Но Щедрин подозревал, что настоящая причина не в этом. Снова и снова возвращались к нему мрачные мысли, что он больше не работник и что в дружном улье «Отечественных записок» он отныне просто никчемный трутень. Стоило Некрасову задержаться с ответом на присланную ему рукопись, как Михаил Евграфович уже считал, что она никому не понравилась и его просто не хотят огорчать отрицательным ответом (так было, например, с рассказом «Семейный суд»).

Щедрин часто виделся с Тургеневым, навестившим его еще в Баден-Бадене. Иван Сергеевич давно переменил свое прежнее, невыгодное мнение об авторе «Губернских очерков» и в письме к нему именовал себя: «один из самых старинных и неизменных поклонников Вашего таланта». Это не было просто любезностью. Тургенев горячо рекомендовал «Историю одного города» английским читателям, уподобляя Щедрина Свифту. Он негодовал на Фета за то, что тот не знаком с последними произведениями сатирика: «Или уж так строго запрещение Михаила Никифоровича? — писал он с притворным соболезнованием, намекая, что Фет поклоняется Каткову. — Но ведь Вы в деревне: может быть, он не узнает — или, узнавши, помилует».
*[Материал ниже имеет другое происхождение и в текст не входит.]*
-- ===== src/Subscription/Daily.antt =====
-- internal/subscription/service.go: the daily limits of `ConsumeActionUsageTx`.
use mathlib.Core.Option
use dating_app_backend.Prelude.{
  ℕ, ◌+◌, ◌≤◌, ◌<◌, ◌≡◌, refl, sym, ap, ◌∙◌, inl, inr, Bool, true, false, none, some, List, [], ◌∷◌,
  if◌then◌else◌, leb, ==_refl, find_first, exists, update_where, Outcome, done, failed, store_of,
  Bool-cases, Option-cases, arith, ◌>>=◌, exec, throw,
}
use dating_app_backend.Store.{
  Feature, like_daily, super_like_daily, audio_call_daily_seconds, video_call_daily_seconds,
  FeatureUsage,
}
use dating_app_backend.Subscription.Model.{SubscriptionError, database}
use dating_app_backend.Subscription.Usage.{
  UsageSite, insert_usage, lock_usage, update_usage, same_feature, is_usage_of, ensure_usage,
  with_count, consume_feature, used_count_of, usage_of,
}

-- What `Usage` reports as used.
abbrev pub used : ℕ → Feature → ℕ → List FeatureUsage → ℕ
used user feature date rows = used_count_of (usage_of user feature date rows)

same_feature_refl : (f : Feature) → same_feature f f ≡ true
same_feature_refl like_daily = refl
same_feature_refl super_like_daily = refl
same_feature_refl audio_call_daily_seconds = refl
same_feature_refl video_call_daily_seconds = refl

find_first-exists {ℓ} :
    {A : Type ℓ} (p : A → Bool) (xs : List A) → exists p xs ≡ false → find_first p xs ≡ none
find_first-exists p [] h = refl
find_first-exists p (x ∷ xs) h = elim (Bool-cases (p x)) [
  | inl b ↦ (let k = rw b at h in cc)
  | inr b ↦ rw b (find_first-exists p xs (rw b at h))
]

find_first-update_where {ℓ} :
    {A : Type ℓ} (p : A → Bool) (f : A → A) (xs : List A)
    → ((x : A) → p (f x) ≡ p x)
    → find_first p (update_where p f xs) ≡ Option.map f (find_first p xs)
find_first-update_where p f [] k = refl
find_first-update_where p f (x ∷ xs) k = elim (Bool-cases (p x)) [
  | inl b ↦ rw (b, k x, b) refl
  | inr b ↦ rw (b, b) (find_first-update_where p f xs k)
]

module _ (user : ℕ) (feature : Feature) (date : ℕ) where
  used-ensure_usage :
      (now : ℕ) (rows : List FeatureUsage)
      → used user feature date (ensure_usage user feature date now rows)
        ≡ used user feature date rows
  used-ensure_usage now rows = elim (Bool-cases (exists (is_usage_of user feature date) rows)) [
    | inl b ↦ rw b refl
    | inr b ↦
        rw
          (
            b,
            ==_refl user,
            same_feature_refl feature,
            ==_refl date,
            find_first-exists (is_usage_of user feature date) rows b,
          )
          refl
  ]

  used-with_count :
      (n now : ℕ) (rows : List FeatureUsage) (r : FeatureUsage)
      → usage_of user feature date rows ≡ some r
      → used user feature date
          (update_where (is_usage_of user feature date) (with_count n now) rows)
        ≡ n
  used-with_count n now rows r h =
      rw
        (
          find_first-update_where (is_usage_of user feature date) (with_count n now) rows
              (λ x. refl),
          h,
        )
        refl

  -- One call: accepted below the limit and counted, or refused and not counted.
  abbrev pub Counted :
      ℕ → List FeatureUsage → Outcome SubscriptionError (List FeatureUsage) (Unit {0}) → Type 0
  Counted limit rows (done a rows') =
      (used user feature date rows' ≡ used user feature date rows + 1)
      × (used user feature date rows < limit)
  Counted limit rows (failed e rows') = used user feature date rows' ≡ used user feature date rows

  module _ (limit : ℕ) (limit_error : SubscriptionError) where
    count_row :
        (faults : UsageSite → Bool) (now : ℕ) (start rows : List FeatureUsage) (r : FeatureUsage)
        → used user feature date rows ≡ used user feature date start
        → usage_of user feature date rows ≡ some r
        → Counted limit start (
            (if leb limit r.used_count
                then throw limit_error
                else exec (faults update_usage) database (
                    update_where
                      (is_usage_of user feature date)
                      (with_count (r.used_count + 1) now)))
              rows)
    count_row faults now start rows r e h =
        let u = ap used_count_of h in
        elim (Bool-cases (leb limit r.used_count)) [
          | inl b ↦ rw b e
          | inr b ↦ rw b (elim (Bool-cases (faults update_usage)) [
            | inl f ↦ rw f e
            | inr f ↦ rw f (
              used-with_count (r.used_count + 1) now rows r h ∙ ap (λ n. n + 1) (sym u ∙ e),
              ground (arith, u, e),
            )
          ])
        ]

    consume_feature-Counted :
        (faults : UsageSite → Bool) (now : ℕ) (rows : List FeatureUsage)
        → Counted limit rows (consume_feature faults now user feature limit limit_error date rows)
    unfolding consume_feature
    consume_feature-Counted faults now rows = elim (Bool-cases (leb limit 0)) [
      | inl z ↦ rw (z, consume_feature) refl
      | inr z ↦
          rw (z, consume_feature)
            (elim (Bool-cases (faults insert_usage)) [
              | inl f ↦ rw f refl
              | inr f ↦ rw f (elim (Bool-cases (faults lock_usage)) [
                | inl g ↦ rw (g, ◌>>=◌) (used-ensure_usage now rows)
                | inr g ↦
                    (let rows' = ensure_usage user feature date now rows in
                      elim (Option-cases (usage_of user feature date rows')) [
                        | inl n ↦ rw (g, n, ◌>>=◌) (used-ensure_usage now rows)
                        | inr (r, n) ↦
                            rw (g, n, ◌>>=◌)
                              (count_row faults now rows rows' r (used-ensure_usage now rows) n)
                      ])
              ])
            ])
    ]

    -- Calls on one user, feature and day: the times and the faults of each.
    abbrev pub Calls : Type 0
    Calls = List ((UsageSite → Bool) × ℕ)

    abbrev pub score : Outcome SubscriptionError (List FeatureUsage) (Unit {0}) → ℕ
    score (done a rows) = 1
    score (failed e rows) = 0

    unfoldable pub consume_all : Calls → List FeatureUsage → ℕ × List FeatureUsage
    consume_all [] rows = (0, rows)
    consume_all ((faults, now) ∷ calls) rows =
        let o = consume_feature faults now user feature limit limit_error date rows in
        let rest = consume_all calls (store_of o) in (score o + rest.0, rest.1)

    scored :
        (rows : List FeatureUsage) (o : Outcome SubscriptionError (List FeatureUsage) (Unit {0}))
        → used user feature date rows ≤ limit
        → Counted limit rows o
        → (used user feature date (store_of o) ≡ used user feature date rows + score o)
          × (used user feature date rows + score o ≤ limit)
    scored rows (done a rows') h k = (k.0, omega (arith, k.1))
    scored rows (failed e rows') h k = (omega (arith, k), omega (arith, h))

    -- However many calls run, in any order and with any database errors, the accepted ones are
    -- those that are counted, and on a day that starts within the limit they stay within it.
    pub daily_limit :
        (calls : Calls) (rows : List FeatureUsage)
        → used user feature date rows ≤ limit
        → (used user feature date (consume_all calls rows).1
            ≡ used user feature date rows + (consume_all calls rows).0)
          × (used user feature date rows + (consume_all calls rows).0 ≤ limit)
    unfolding consume_all
    daily_limit [] rows h = (omega arith, omega (arith, h))
    daily_limit ((faults, now) ∷ calls) rows h =
        let o = consume_feature faults now user feature limit limit_error date rows in
        let (step, room) = scored rows o h (consume_feature-Counted faults now rows) in
        let (count, bound) = daily_limit calls (store_of o) (omega (arith, step, room)) in
        (omega (arith, count, step), omega (arith, bound, step))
С присущей ему резкостью Щедрин не утаивал от автора «Отцов и детей» своих претензий к нашумевшему роману, а Тургенев, хотя и не во всем мог согласиться с Салтыковым, тем не менее признавал, что «не имел права давать нашей реакционной сволочи возможность ухватиться за кличку, за имя» — нигилист.
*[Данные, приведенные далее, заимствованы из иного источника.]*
-- ===== src/Subscription/Requests.antt =====
-- internal/subscription/service.go: `CreateManualPaymentRequest`.
use dating_app_backend.Prelude.{
  ℕ, ◌+◌, Bool, true, false, not, ◌&&◌, ◌||◌, Option, none, some, ◌∷◌, Text, text_eq, is_empty,
  trim_space, to_upper, byte_len, if◌then◌else◌, ltb, ◌==◌, exists, find_first, Handler, Result, ok,
  err, lift, query, exec, require, or_throw, ◌>>=◌, ◌>>◌,
}
use dating_app_backend.Subscription.Model.{
  SubscriptionError, validation, not_found, conflict, database, PaymentStatus, pending,
  under_review, SubscriptionPlan, ManualPaymentRequest, SubDb,
}
use dating_app_backend.Subscription.Entitlements.{decode_entitlements, EntitlementFault}

pub data RequestSite : Type 0 where
  find_plan insert_request reload_request : RequestSite

pub record CreateManualPaymentRequest : Type 0 where
  pub plan_code : Text
  pub payment_provider : Text
  pub payment_reference : Text
  pub payer_phone : Option Text
  pub note : Option Text

pub record NormalizedPaymentRequest : Type 0 where
  pub plan_code : Text
  pub payment_provider : Text
  pub payment_reference : Text
  pub payer_phone : Option Text
  pub note : Option Text

-- `trimOptional`. Its cut at the limit is left out: the callers refuse what is longer.
abbrev pub trim_optional : Text → Option Text
trim_optional value =
    let trimmed = trim_space value in if is_empty trimmed then none else some trimmed

abbrev pub trim_optional_ptr : Option Text → Option Text
trim_optional_ptr none = none
trim_optional_ptr (some value) = trim_optional value

-- `o != nil && len(strings.TrimSpace(*o)) > max`
abbrev pub is_too_long : ℕ → Option Text → Bool
is_too_long max none = false
is_too_long max (some value) = ltb max (byte_len (trim_space value))

unfoldable pub normalize_create_payment_request :
    CreateManualPaymentRequest → Result SubscriptionError NormalizedPaymentRequest
normalize_create_payment_request req =
    let plan_code = to_upper (trim_space req.plan_code) in
    let provider = to_upper (trim_space req.payment_provider) in
    let reference = trim_space req.payment_reference in
    if is_empty plan_code
    then err validation
    else if is_empty provider || ltb 50 (byte_len provider)
    then err validation
    else if is_empty reference || ltb 120 (byte_len reference)
    then err validation
    else if is_too_long 30 req.payer_phone
    then err validation
    else if is_too_long 500 req.note
    then err validation
    else ok (record {
      plan_code = plan_code;
      payment_provider = provider;
      payment_reference = reference;
      payer_phone = trim_optional_ptr req.payer_phone;
      note = trim_optional_ptr req.note;
    })

abbrev pub is_open : PaymentStatus → Bool
is_open pending = true
is_open under_review = true
is_open _ = false

-- The index `manual_payment_requests_one_open_per_user`.
abbrev pub is_open_of : ℕ → ManualPaymentRequest → Bool
is_open_of user r = r.user_id == user && is_open r.status

abbrev pub has_text : Option Text → Text → Bool
has_text none t = false
has_text (some s) t = text_eq s t

-- The index `manual_payment_requests_reference_unique`.
abbrev pub has_reference : Text → Text → ManualPaymentRequest → Bool
has_reference provider reference r =
    text_eq r.payment_provider provider && has_text r.payment_reference reference

abbrev pub new_request :
    ℕ → ℕ → ℕ → ℕ → SubscriptionPlan → NormalizedPaymentRequest → ManualPaymentRequest
new_request id uuid user now plan req = record {
  id = id;
  uuid = uuid;
  user_id = user;
  plan_id = some plan.id;
  plan_code = plan.plan_code;
  plan_name = plan.name;
  price_amount = plan.price_amount;
  currency = plan.currency;
  duration_days = plan.duration_days;
  entitlements = plan.entitlements;
  payment_provider = req.payment_provider;
  payment_reference = some req.payment_reference;
  payer_phone = req.payer_phone;
  note = req.note;
  status = pending;
  submitted_at = now;
  reviewed_at = none;
  reviewed_by_admin_id = none;
  rejection_reason = none;
  subscription_id = none;
  updated_at = now;
}

abbrev pub add_request : ℕ → ℕ → ℕ → SubscriptionPlan → NormalizedPaymentRequest → SubDb → SubDb
add_request uuid user now plan req db = record db {
  requests = new_request db.next_request uuid user now plan req ∷ db.requests;
  next_request = db.next_request + 1;
}

abbrev pub decoded {ℓ} : {A : Type ℓ} → Result EntitlementFault A → Result SubscriptionError A
decoded (ok a) = ok a
decoded (err e) = err validation

-- The answer is the row that was stored.
unfoldable pub create_manual_payment_request :
    (RequestSite → Bool)
    → ℕ
    → ℕ
    → ℕ
    → CreateManualPaymentRequest
    → Handler SubscriptionError SubDb ManualPaymentRequest
create_manual_payment_request faults uuid now user raw = do
  req ← lift (normalize_create_payment_request raw)
  found ← query (faults find_plan) database (λ (db : SubDb).
      find_first (λ (p : SubscriptionPlan). text_eq p.plan_code req.plan_code && p.is_active)
        db.plans)
  plan ← or_throw found not_found
  lift (decoded (decode_entitlements plan.entitlements)) >>= λ _. (do
    used ← query false database (λ (db : SubDb).
        exists (has_reference req.payment_provider req.payment_reference) db.requests
        || exists (is_open_of user) db.requests)
    require (not used) conflict
    id ← query false database (λ (db : SubDb). db.next_request)
    exec (faults insert_request) database (add_request uuid user now plan req)
    again ← query (faults reload_request) database (λ (db : SubDb).
        find_first (λ (r : ManualPaymentRequest). r.user_id == user && r.id == id) db.requests)
    or_throw again not_found)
Надо было обладать тургеневской мягкостью и тактом, чтобы выдерживать ворчанье Салтыкова и внезапные вспышки его гнева. Впадая в постоянный самоуничижительный тон и величая себя отжившим писателем, «прелой грушей» и «старой тряпкой», Иван Сергеевич порой побаивался, что «любезнейший Михаил Евграфович» возьмет да и поддакнет его кокетливой меланхолии.